▶ Description of the task
Print the entries once more, unchanged.

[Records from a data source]
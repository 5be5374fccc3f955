-- ===== src/Server/Writer/Delivery.antt =====
-- What stands in the file and in the database when the writer thread reports that it is done.
use torrxfer.Base.{
  ℕ, ◌+◌, ◌%◌, ◌^◌, ◌≡◌, inl, inr, true, false, List, [], ◌++◌, none, some, arith, length, lookup,
}
use torrxfer.Text.{Bytes}
use torrxfer.Platform.{Platform}
use torrxfer.Database.{Database}
use torrxfer.Disk.{regular, write_at}
use torrxfer.Server.File.{File, marshal_text}
use torrxfer.Server.Writer.{Machine, waiting, transfer_to}
use torrxfer.Server.Writer.Invariant.{accepted_on, Active, run-Good, Done-of-Good}
use torrxfer.Server.Writer.Schedule.{Event, transfer, handle, run}

module _ (w : Platform) (d : Database) where
  open w use {Time}

  -- A writer thread that waits for its first block, over a file with the content `old`.
  pub record IsWaiting (old : Bytes) (stamp : Time) (m : Machine w d) : Type 0 where
    pub phase : m.writer.phase ≡ waiting
    pub once_done : m.writer.once_done ≡ false
    pub pending : m.writer.pending ≡ none
    pub closed : m.writer.closed ≡ false
    pub done_sent : m.writer.done_sent ≡ false
    pub present : lookup m.writer.file.full_path m.disk.entries ≡ some (regular old stamp)

  -- The file's record after a transfer of `n` bytes from the offset `o` on.
  abbrev pub final_file : File Time → ℕ → ℕ → File Time
  final_file f o n = record f { current_size = (o + n) % 2 ^ 64 }

  -- If the thread was waiting when the first block came, then on every schedule on which it
  -- reports that it is done, the file holds, from the first block's offset on, exactly the bytes
  -- that the pipe has accepted, in their order, with the rest of its old content; and the
  -- database was given the file's record with the offset behind the last byte as its size.
  pub delivered :
      (m : Machine w d) (old : Bytes) (stamp : Time) (b : Bytes) (o : ℕ) (es : List (Event Time))
      → IsWaiting old stamp m
      → (run w d (handle w d m (transfer b o)) es).writer.done_sent ≡ true
      → (stamp' : Time) × (text : Bytes) × (lookup m.writer.file.full_path
            (run w d (handle w d m (transfer b o)) es).disk.entries
          ≡ some (
              regular
                (write_at o (b ++ accepted_on w d (handle w d m (transfer b o)) es) old)
                stamp'))
        × (marshal_text w (
              final_file m.writer.file o
                (length (b ++ accepted_on w d (handle w d m (transfer b o)) es)))
            ≡ some text)
        × ((run w d (handle w d m (transfer b o)) es).db ≡ (d.put m.db m.writer.db_key text).0)
  delivered m old stamp b o es s h =
      let (stamp', text, x) =
        Done-of-Good w d m.writer.file m.writer.db_key o old m.db (b ++ accepted_on w d m1 es)
          (run w d m1 es)
          (run-Good w d m.writer.file m.writer.db_key o old m.db m1 es b
            (inr (inl ([], stamp, woken))))
          h in
      (stamp', text, x.written, x.marshalled, x.stored)
    where
      m1 : Machine w d
      m1 = handle w d m (transfer b o)

      woken :
          Active w d m.writer.file m.writer.db_key o old m.db [] b stamp
            (handle w d m (transfer b o))
      woken = unfold handle transfer_to write_at in ground (arith, s.present)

▶ Result below
repository 5be5374fccc3f955
-- ===== src/Server/Writer/Delivery.antt =====
-- What stands in the file and in the database when the writer thread reports that it is done.
use torrxfer.Base.{
  ℕ, ◌+◌, ◌%◌, ◌^◌, ◌≡◌, inl, inr, true, false, List, [], ◌++◌, none, some, arith, length, lookup,
}
use torrxfer.Text.{Bytes}
use torrxfer.Platform.{Platform}
use torrxfer.Database.{Database}
use torrxfer.Disk.{regular, write_at}
use torrxfer.Server.File.{File, marshal_text}
use torrxfer.Server.Writer.{Machine, waiting, transfer_to}
use torrxfer.Server.Writer.Invariant.{accepted_on, Active, run-Good, Done-of-Good}
use torrxfer.Server.Writer.Schedule.{Event, transfer, handle, run}

module _ (w : Platform) (d : Database) where
  open w use {Time}

  -- A writer thread that waits for its first block, over a file with the content `old`.
  pub record IsWaiting (old : Bytes) (stamp : Time) (m : Machine w d) : Type 0 where
    pub phase : m.writer.phase ≡ waiting
    pub once_done : m.writer.once_done ≡ false
    pub pending : m.writer.pending ≡ none
    pub closed : m.writer.closed ≡ false
    pub done_sent : m.writer.done_sent ≡ false
    pub present : lookup m.writer.file.full_path m.disk.entries ≡ some (regular old stamp)

  -- The file's record after a transfer of `n` bytes from the offset `o` on.
  abbrev pub final_file : File Time → ℕ → ℕ → File Time
  final_file f o n = record f { current_size = (o + n) % 2 ^ 64 }

  -- If the thread was waiting when the first block came, then on every schedule on which it
  -- reports that it is done, the file holds, from the first block's offset on, exactly the bytes
  -- that the pipe has accepted, in their order, with the rest of its old content; and the
  -- database was given the file's record with the offset behind the last byte as its size.
  pub delivered :
      (m : Machine w d) (old : Bytes) (stamp : Time) (b : Bytes) (o : ℕ) (es : List (Event Time))
      → IsWaiting old stamp m
      → (run w d (handle w d m (transfer b o)) es).writer.done_sent ≡ true
      → (stamp' : Time) × (text : Bytes) × (lookup m.writer.file.full_path
            (run w d (handle w d m (transfer b o)) es).disk.entries
          ≡ some (
              regular
                (write_at o (b ++ accepted_on w d (handle w d m (transfer b o)) es) old)
                stamp'))
        × (marshal_text w (
              final_file m.writer.file o
                (length (b ++ accepted_on w d (handle w d m (transfer b o)) es)))
            ≡ some text)
        × ((run w d (handle w d m (transfer b o)) es).db ≡ (d.put m.db m.writer.db_key text).0)
  delivered m old stamp b o es s h =
      let (stamp', text, x) =
        Done-of-Good w d m.writer.file m.writer.db_key o old m.db (b ++ accepted_on w d m1 es)
          (run w d m1 es)
          (run-Good w d m.writer.file m.writer.db_key o old m.db m1 es b
            (inr (inl ([], stamp, woken))))
          h in
      (stamp', text, x.written, x.marshalled, x.stored)
    where
      m1 : Machine w d
      m1 = handle w d m (transfer b o)

      woken :
          Active w d m.writer.file m.writer.db_key o old m.db [] b stamp
            (handle w d m (transfer b o))
      woken = unfold handle transfer_to write_at in ground (arith, s.present)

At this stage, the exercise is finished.